Releases: vllm-project/tpu-inference
v0.13.2
This release brings several new features and improvements for vLLM TPU Inference.
Highlights
Ironwood Support All relevant dependencies have been rolled up to support Ironwood (v7x). CI/CD has been updated to reflect this change.

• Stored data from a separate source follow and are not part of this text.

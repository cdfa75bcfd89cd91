-- ===== src/Broker/Publisher.antt =====
-- shared/pkg/broker/rabbitmq.go: openPublisher, with the registration of its socket.
pub mod Frame
use price_scount.Base.{ℕ, Bool, true, false, not, ◌&&◌, Option, none, some, if◌then◌else◌}
use price_scount.Broker.{
  BrokerError, dial_failed, channel_failed, confirm_failed, setup_timeout, deadline_failed,
  cancelled, Answer, done, failed, socket_closed, connection_closed_by, opened, limited, unlimited,
  Connection, Section, ◌>>=◌, ◌>>◌, returning, note, then_do, need, unchanged, closing, io_deadline,
}

-- SetDeadline of setupDeadline, the time and the context's deadline, and whether ctx.Err() is set
-- afterwards.
pub record DeadlineTry : Type 0 where
  pub now : ℕ
  pub limit : Option ℕ
  pub is_set : Bool
  pub expired : Bool

-- What one setup of a publisher meets.
pub record Setup : Type 0 where
  -- The socket, the connection and the channel that the library hands out.
  pub socket : ℕ
  pub connection : ℕ
  pub channel : ℕ
  pub dials : Bool
  pub register : DeadlineTry
  pub handshake : Bool
  pub first : DeadlineTry
  pub opens_channel : Bool
  pub second : DeadlineTry
  pub confirm_mode : Bool
  pub third : DeadlineTry
  -- Neither the context nor the timer of the setup fired, and ctx.Err() at the end.
  pub in_time : Bool
  pub expired : Bool
  -- Close by another goroutine once the socket is stored.
  pub closes : Bool

module _ (s : Setup) where
  abbrev pub leave_socket : Connection → Connection
  leave_socket c = note (socket_closed s.socket) c

  abbrev pub leave_both : Connection → Connection
  leave_both c = note (connection_closed_by s.connection) (note (socket_closed s.socket) c)

  -- setupDeadline of a socket that is there.
  abbrev pub setup_deadline : DeadlineTry → (Connection → Connection) → Section (Unit {0})
  setup_deadline d leave = do
    need d.is_set deadline_failed leave
    then_do (note (limited s.socket (io_deadline d.now d.limit)))
    need (not d.expired) cancelled leave

  -- registerPublisherSocket.
  unfoldable pub register_publisher_socket : Section (Unit {0})
  register_publisher_socket = do
    need (not s.register.expired) cancelled leave_socket
    need s.register.is_set deadline_failed leave_socket
    then_do (note (limited s.socket (io_deadline s.register.now none)))

  -- The handshake. If it fails, the socket is the library's to close.
  unfoldable pub connect_publisher : Section (Unit {0})
  unfolding register_publisher_socket
  connect_publisher = do
    need s.dials dial_failed unchanged
    register_publisher_socket
    need s.handshake dial_failed unchanged
    setup_deadline s.first leave_socket

  -- The channel, in confirm mode, on the stored socket.
  unfoldable pub open_channel : Section (Unit {0})
  open_channel = do
    then_do (λ c. closing s.closes (record c { pub_net_conn = some s.socket }))
    need s.opens_channel channel_failed leave_both
    then_do (note (opened s.channel))
    setup_deadline s.second leave_both
    need s.confirm_mode confirm_failed leave_both
    setup_deadline s.third leave_both
    need s.in_time (if s.expired then cancelled else setup_timeout) leave_both

  -- openPublisher: the new connection and channel, whose streams are stored.
  unfoldable pub open_publisher : Section (ℕ × ℕ)
  open_publisher = do
    connect_publisher
    open_channel
    then_do (note (unlimited s.socket))
    then_do (λ c. record c { confirms = some s.channel; returns = some s.channel })
    returning (s.connection, s.channel)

For further information on different build requirements for v7x compared to previous TPU generations (v6e and prior), please see the following documentation:
QuickStart
TPU Setup
P/D Disaggregated Serving over DCN Ray-based prefill/decode disaggregation with KV cache transfer over DCN.
Multi-Lora for Pytorch Models Multi-Lora support has landed for Pytorch model definitions from vLLM. JAX-native solution will be supported shortly.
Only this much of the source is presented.